Seonaidh’s brother, John, known as Iain Clachair or John the Mason—their
father, Donald Campbell was also a mason—had also been a bard. Seonaidh’s
nephews, Angus and John Campbell, and the late Roderick Campbell were also
gifted in the same way. This talent often runs in families in the Hebrides.
Seonaidh’s songs, which I am not quite
sure are completely disentangled from his brother Iain’s—it is possible they
helped each other in composition—cover all aspects of local life. It is in that
that their importance to the folklorist and the social historian lies. I
remember one reviewer remarking that although the songs were of some local
interest, they had not great literary merit. It is not literary merit alone for
which we are looking at them. The interesting thing about them is that they
describe a way of life and point of view which, after having existed for
hundreds of years, is now passing away like the morning dew in the sunshine.
Seonaidh had been a fisherman in the
old days of sailing boats, when men from the islands had travelled to the East
Coast of Scotland and engaged as members of crews fishing out of Peterhead and
Fraserburgh. He had fished all over the Minch and the Moray Firth, he had met
Gaelic speakers from all over the Highlands and Islands
and learned to understand their dialects. If we want to find out what the life
of these was like, we must turn to his songs and the songs of men like him.
There is no other first-hand record of their feelings and their experiences.

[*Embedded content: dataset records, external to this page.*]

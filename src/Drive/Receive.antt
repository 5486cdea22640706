-- ===== src/Drive/Receive.antt =====
-- memcached.c: what is read from the socket, `try_read_network`, `bin_read_key` and the states
-- `conn_nread` and `conn_swallow` of `drive_machine`.
pub mod Stream
pub mod Room
use log_memcached.Base.{
  ℕ, zero, suc, ◌+◌, ◌-◌, ◌*◌, Bool, true, false, Option, none, some, List, [], ◌∷◌, ◌++◌, length,
  take, drop, ltb, leb, ◌==◌, if◌then◌else◌,
}
use log_memcached.Base.Text.{codes}
use log_memcached.Binary.{Substate}
use log_memcached.Ascii.Time.{ℤ, pos, negsuc}
use log_memcached.Ascii.Conn.{
  ConnState, conn_new_cmd, conn_nread, conn_closing, conn_write, conn_mwrite, line_end,
}
use log_memcached.Drive.{Peer, Kernel, Received, got, end_of_stream, again, failed}

-- `try_read_result`
pub data ReadResult : Type 0 where
  read_data_received : ReadResult
  read_no_data_received : ReadResult
  read_error : ReadResult
  read_memory_error : ReadResult

-- what one round of the loop does: it goes on, it leaves the loop, the command is complete, or the
-- process ends; what a listening connection does is not told
pub data Round : Type 0 where
  goes_on : Peer → Round
  stops : Peer → Round
  completes : Peer → Round
  aborts : Round
  accepts : Round

-- the connection is closed in the next round
abbrev pub close_next : Peer → Round
close_next p = goes_on (record p { state = conn_closing })

-- EAGAIN: wait for the socket
abbrev pub wait_for : Bool → Peer → Round
wait_for true p = stops p
wait_for false p = close_next p

-- what is there before the read
abbrev pub so_far : Bool → ReadResult
so_far true = read_data_received
so_far false = read_no_data_received

-- the bytes of a read at the end of the buffer
abbrev pub append_read : Peer → List ℕ → Peer
append_read p bytes = record p { unread = p.unread ++ bytes }

-- the answer to a client for which there is no memory, the error of the protocol not being told
abbrev pub no_memory_to_read : Peer → Peer
no_memory_to_read p = record p {
  unread = [];
  state = conn_write;
  wbuf = codes "SERVER_ERROR out of memory reading request" ++ line_end;
  pending = [] ∷ [];
  iovused = 0;
  write_and_go = conn_closing;
}

-- What is done with the answer to the read of `avail` bytes; `filled` is the rest of the loop, for a
-- buffer that is full.
unfoldable pub network_read :
    Bool → ℕ → Peer → (Peer → ReadResult × Peer) → Received → ReadResult × Peer
network_read gotdata avail p filled (got bytes) =
    if length bytes == avail
    then filled (append_read p bytes)
    else (read_data_received, append_read p bytes)
network_read gotdata avail p filled end_of_stream = (read_error, p)
network_read gotdata avail p filled again = (so_far gotdata, p)
network_read gotdata avail p filled failed = (read_error, p)

-- whether `realloc` has made room
abbrev pub with_room : Bool → Peer → ReadResult × Peer → ReadResult × Peer
with_room true p next = next
with_room false p next = (read_memory_error, no_memory_to_read p)

-- a buffer of twice the size
abbrev pub grown : Peer → Peer
grown p = record p { rsize = p.rsize * 2; rcurr = 0 }

-- The loop of `try_read_network` where the buffer is full; `allocs` is what is left of the four.
unfoldable pub read_full : Kernel → Bool → ℕ → Peer → ReadResult × Peer
unfolding network_read
read_full k gotdata zero p = (so_far gotdata, p)
read_full k gotdata (suc allocs) p =
    let avail = p.rsize * 2 - length p.unread in
    with_room (k.room allocs) p (
      network_read gotdata avail (grown p) (λ q. read_full k true allocs q)
        (k.read (suc allocs) avail))

-- `try_read_network`, with the error of the text protocol where there is no memory
unfoldable pub try_read_network : Kernel → Peer → ReadResult × Peer
unfolding read_full network_read
try_read_network k p =
    let p₁ : Peer = record p { rcurr = 0 } in
    let avail = p.rsize - length p.unread in
    if leb p.rsize (length p.unread)
    then read_full k false 4 p₁
    else network_read false avail p₁ (λ q. read_full k true 4 q) (k.read 0 avail)

-- `tocopy`: what is wanted, or all that is left
abbrev pub to_copy : ℕ → List ℕ → ℕ
to_copy n unread = if ltb n (length unread) then n else length unread

-- the leftovers of the buffer go to the item
unfoldable pub take_leftovers : ℕ → Peer → Peer
take_leftovers n p =
    let tocopy = to_copy n p.unread in
    record p {
      received = p.received ++ take tocopy p.unread;
      rlbytes = pos (n - tocopy);
      rcurr = p.rcurr + tocopy;
      unread = drop tocopy p.unread;
    }

-- what is done with the answer to the read of `n` bytes in `conn_nread`
unfoldable pub item_read : Bool → ℕ → Peer → Received → Round
item_read readable n p (got bytes) = goes_on (record p {
  received = p.received ++ bytes;
  rlbytes = pos (n - length bytes);
  rcurr = (if p.in_buffer then p.rcurr + length bytes else p.rcurr);
})
item_read readable n p end_of_stream = close_next p
item_read readable n p again = wait_for readable p
item_read readable n p failed = close_next p

-- the rest of the round, once the leftovers have been taken
unfoldable pub read_rest : Kernel → ℕ → Peer → Round
unfolding item_read
read_rest k zero p = goes_on p
read_rest k (suc n) p = item_read k.update_event (suc n) p (k.read 0 (suc n))

-- `conn_nread`, for a number of bytes
unfoldable pub nread_at : Kernel → ℤ → Peer → Round
unfolding take_leftovers read_rest
nread_at k (negsuc _) p = close_next p
nread_at k (pos zero) p = completes p
nread_at k (pos (suc n)) p = read_rest k (suc n - length p.unread) (take_leftovers (suc n) p)

-- the state `conn_nread` of `drive_machine`
unfoldable pub nread_round : Kernel → Peer → Round
unfolding nread_at
nread_round k p = nread_at k p.rlbytes p

-- the leftovers of the buffer are thrown away
unfoldable pub drop_leftovers : Peer → Peer
drop_leftovers p =
    let tocopy = to_copy p.sbytes p.unread in
    record p { sbytes = p.sbytes - tocopy; rcurr = p.rcurr + tocopy; unread = drop tocopy p.unread }

-- what is done with the answer to a read in `conn_swallow`
unfoldable pub swallow_read : Bool → Peer → Received → Round
swallow_read readable p (got bytes) = goes_on (record p { sbytes = p.sbytes - length bytes })
swallow_read readable p end_of_stream = close_next p
swallow_read readable p again = wait_for readable p
swallow_read readable p failed = close_next p

-- the bytes that `conn_swallow` asks for
abbrev pub swallow_size : Peer → ℕ
swallow_size p = if ltb p.sbytes p.rsize then p.sbytes else p.rsize

-- `conn_swallow`, where there are bytes to be thrown away
unfoldable pub swallow_some : Kernel → Peer → List ℕ → Round
unfolding drop_leftovers swallow_read
swallow_some k p [] = swallow_read k.update_event p (k.read 0 (swallow_size p))
swallow_some k p (b ∷ bs) = goes_on (drop_leftovers p)

-- the state `conn_swallow` of `drive_machine`
unfoldable pub swallow_round : Kernel → Peer → Round
unfolding swallow_some
swallow_round k p =
    if p.sbytes == 0 then goes_on (record p { state = conn_new_cmd }) else swallow_some k p p.unread

-- `while (size > nsize) nsize *= 2`, on fuel
unfoldable pub double : ℕ → ℕ → ℕ → ℕ
double zero size nsize = nsize
double (suc fuel) size nsize =
    let more = double fuel size (nsize * 2) in if ltb nsize size then more else nsize

-- `bin_read_key`, where `unread` begins with the header of the request
unfoldable pub bin_read_key : Kernel → Substate → ℕ → ℕ → Peer → Peer
unfolding double
bin_read_key k next_substate keylen extra p =
    let p₁ : Peer = record p { substate = next_substate; rlbytes = pos (keylen + extra) } in
    let ready : Peer = record p₁ { received = []; in_buffer = true; state = conn_nread } in
    let size = keylen + extra + 24 in
    if ltb p.rsize (p.rcurr + 24 + (keylen + extra))
    then (let nsize = double size size p.rsize in
        if nsize == p.rsize
        then record ready { rcurr = 0 }
        else if k.room 0
        then record ready { rcurr = 0; rsize = nsize }
        else record p₁ { state = conn_closing })
    else ready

Seonaidh’s songs celebrate, for instance, the introduction of the mechanical
capstan in the fishing boats, and the coming of the marine paraffin
engine—inventions that revolutionised his profession.

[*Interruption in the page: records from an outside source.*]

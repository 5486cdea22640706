-- ===== src/Drive/Send.antt =====
-- memcached.c: `transmit`, and the states `conn_write` and `conn_mwrite` of `drive_machine`. A part
-- of a message is the bytes that its `iovec` stands for.
pub mod Order
use log_memcached.Base.{
  ℕ, zero, suc, ◌+◌, ◌-◌, Bool, true, false, List, [], ◌∷◌, ◌++◌, length, take, drop, ltb, leb,
  ◌==◌, if◌then◌else◌,
}
use log_memcached.Ascii.Conn.{ConnState, conn_new_cmd, conn_closing, conn_write, conn_mwrite}
use log_memcached.Ascii.Buffer.{Protocol, ascii_prot, binary_prot, negotiating_prot}
use log_memcached.Drive.{Peer, Kernel, Sent, wrote, would_block, broken, conn_release_items}
use log_memcached.Drive.Receive.{Round, goes_on, stops, aborts, close_next}

-- `transmit_result`
pub data TransmitResult : Type 0 where
  transmit_complete : TransmitResult
  transmit_incomplete : TransmitResult
  transmit_soft_error : TransmitResult
  transmit_hard_error : TransmitResult

-- the bytes of the parts of a message, in their order
abbrev pub joined : List (List ℕ) → List ℕ
joined [] = []
joined (v ∷ vs) = v ++ joined vs

-- The parts that `res` bytes cover are done, and the next one is cut.
unfoldable pub consume : ℕ → List (List ℕ) → List (List ℕ)
consume res [] = []
consume res (v ∷ vs) =
    let rest = consume (res - length v) vs in
    if leb (length v) res then rest else if ltb 0 res then drop res v ∷ vs else v ∷ vs

-- a message whose parts are all done makes room for the next
unfoldable pub skip_sent : List (List (List ℕ)) → List (List (List ℕ))
skip_sent [] = []
skip_sent ([] ∷ ms) = ms
skip_sent (m ∷ ms) = m ∷ ms

-- what is done with the answer of `sendmsg` for the message at the front
unfoldable pub sent_message :
    Bool → Peer → List (List ℕ) → List (List (List ℕ)) → Sent → TransmitResult × Peer
unfolding consume
sent_message writable p m ms (wrote zero) = (transmit_hard_error, record p { state = conn_closing })
sent_message writable p m ms (wrote (suc n)) = (
  transmit_incomplete,
  record p { pending = consume (suc n) m ∷ ms; sent = p.sent ++ take (suc n) (joined m) },
)
sent_message true p m ms would_block = (transmit_soft_error, p)
sent_message false p m ms would_block = (transmit_hard_error, record p { state = conn_closing })
sent_message writable p m ms broken = (transmit_hard_error, record p { state = conn_closing })

-- `transmit` behind its first test
unfoldable pub transmit_next : Kernel → Peer → List (List (List ℕ)) → TransmitResult × Peer
unfolding sent_message
transmit_next k p [] = (transmit_complete, record p { pending = [] })
transmit_next k p (m ∷ ms) =
    sent_message k.update_event (record p { pending = m ∷ ms }) m ms (k.send (length (joined m)))

-- `transmit`
unfoldable pub transmit : Kernel → Peer → TransmitResult × Peer
unfolding skip_sent transmit_next
transmit k p = transmit_next k p (skip_sent p.pending)

-- the state after the answer to a command with items
abbrev pub after_items : Protocol → ConnState → ConnState
after_items binary_prot write_and_go = write_and_go
after_items _ write_and_go = conn_new_cmd

-- everything has been sent
unfoldable pub complete_write : ConnState → Peer → Round
unfolding conn_release_items
complete_write conn_mwrite p =
    goes_on (record (conn_release_items p) { state = after_items p.protocol p.write_and_go })
complete_write conn_write p = goes_on (record p { state = p.write_and_go })
complete_write _ p = close_next p

-- what is done with the result of `transmit`
unfoldable pub transmit_round : TransmitResult → Peer → Round
unfolding complete_write
transmit_round transmit_complete p = complete_write p.state p
transmit_round transmit_incomplete p = goes_on p
transmit_round transmit_hard_error p = goes_on p
transmit_round transmit_soft_error p = stops p

-- the state `conn_mwrite`, and the end of `conn_write`
unfoldable pub write_round : Kernel → Peer → Round
unfolding transmit transmit_round
write_round k p = let (result, q) = transmit k p in transmit_round result q

-- one part more at the end of the last message
unfoldable pub add_part : List ℕ → List (List (List ℕ)) → List (List (List ℕ))
add_part v [] = []
add_part v (m ∷ []) = (m ++ (v ∷ [])) ∷ []
add_part v (m ∷ m' ∷ ms) = m ∷ add_part v (m' ∷ ms)

-- the answer of `out_string` is in the list
abbrev pub with_answer : Peer → Peer
with_answer p = record p { pending = add_part p.wbuf p.pending; iovused = p.iovused + 1 }

-- the answer is in the list, or `add_iov` has failed
unfoldable pub listed_round : Bool → Kernel → Peer → Round
unfolding write_round add_part
listed_round true k p = write_round k (with_answer p)
listed_round false k p = close_next p

-- the state `conn_write`, with the answer in one part
unfoldable pub answer_round : Kernel → Peer → Round
unfolding write_round listed_round
answer_round k p = if p.iovused == 0 then listed_round k.built k p else write_round k p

There was no incident in a local life
of any interest on which he was not equal in making a song. One long poem
describes life spent in a sheiling with a companion during the winter,
collecting sea tangles for kelp, watching and hoping that every winter storm
would bring a fresh supply ashore. At the end of the winter the wages for six
months of unpleasant hard work amounted to a guinea. It is not surprising to
find that Seonaidh, like other bards of his kind, celebrated the introduction
of the old age pension in a long and heartfelt poem which brings home how very
hard life in the Hebrides must have been for old people, especially old people
without young relations to support them, before the introduction of that
measure by the late Lloyd George. The poem shows how the pension altered the
whole aspect of life for people in Seonaidh’s position, and won them a new
independence and respect.
There is a humorous side to many of
these songs as might be expected. They describe comical incidents such as the
local postman getting lost on the moor, or a dead steer which, being washed
ashore on the Atlantic side of Uist, was buried and dug up again by some bright
lands who thought they could sell the hide.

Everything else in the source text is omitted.